The medical term “acute” refers to a condition that occurs suddenly. An acute spinal cord injury in Virginia, then, is one that occurs suddenly, often due to an accident or trauma. You should note that “acute” is not necessarily the same thing as “temporary.” Depending on the type of injury you sustain, it may improve with time. However, it is also entirely possible that the damage an acute spinal cord injury causes may be permanent.

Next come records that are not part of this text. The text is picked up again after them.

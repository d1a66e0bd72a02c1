-- ===== src/Common/Bytes/Lines.antt =====
-- Line breaks, and the empty line that ends a block of lines.
use webrtc_snippets.Common.Tests.{==_ne}
use webrtc_snippets.Common.Lists.{length}
use webrtc_snippets.Common.Bytes.{Bytes, Avoids, find_text}
use webrtc_snippets.Common.Bytes.Find.{find_text-Avoids}
use Prim.Native.Nat.{ℕ, suc, ◌+◌}
use mathlib.Core.Path.{◌≡◌, refl, ap, ◌∙◌}
use mathlib.Core.Logic.{◌≢◌}
use mathlib.Core.Option
use mathlib.Core.Option.{Option, none, some}
use mathlib.Core.List.{[], ◌∷◌, ◌++◌}
use native.Mathlib.Omega.{arith}

abbrev pub cr : ℕ
cr = 13

abbrev pub lf : ℕ
lf = 10

abbrev pub crlf : Bytes
crlf = cr ∷ lf ∷ []

abbrev pub separator : Bytes
separator = cr ∷ lf ∷ cr ∷ lf ∷ []

map-pass :
    (n : ℕ) (o : Option ℕ)
    → Option.map suc (Option.map suc (Option.map (λ i. n + i) o)) ≡ Option.map (λ i. n + 2 + i) o
map-pass n none = refl
map-pass n (some i) = ap some (omega arith)

-- The CRLF in front of a line starts no separator.
pub pass_line :
    (y s : Bytes)
    → Avoids cr y
    → y ≢ []
    → find_text separator (crlf ++ (y ++ s))
      ≡ Option.map (λ i. length y + 2 + i) (find_text separator s)
unfolding find_text
pass_line [] s p ne = absurd (ne refl)
pass_line (x ∷ y) s p ne = rw (==_ne x cr p.0) (
    ap (λ o. Option.map suc (Option.map suc o))
      (rw (← find_text-Avoids cr (lf ∷ cr ∷ lf ∷ []) (x ∷ y) s p) (rw (==_ne x cr p.0)))
    ∙ map-pass (length (x ∷ y)) (find_text separator s))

If you suspect that someone has sustained an acute spinal cord injury, get medical help right away. It is a medical emergency, and any amateur attempts at first aid may do further damage. According to Johns Hopkins Medicine, symptoms of acute spinal cord injury include the following:
- Breathing problems
- Paralysis or lack of voluntary muscle movement
- Muscle weakness
- Loss of feeling in the chest or extremities
- Loss of bladder or bowel function
Symptoms of acute spinal cord injury may be more severe if it occurs at a higher level, such as in the region of the neck.
Diagnosis of acute spinal cord injury usually involves one or more imaging studies, which may include CT, MRI or X-ray. It may also include blood tests. It is important to determine whether the injury is complete or incomplete. In an incomplete injury, the damage is not sufficient to prevent all neural signals from transmitting, so there is still some degree of movement or feeling below the level of injury. In a complete injury, there is no feeling or movement below the level of injury. In some cases, though not always, the prognosis for recovery is better with an incomplete spinal cord injury.
The information in this article is not intended as legal advice but provided for educational purposes only.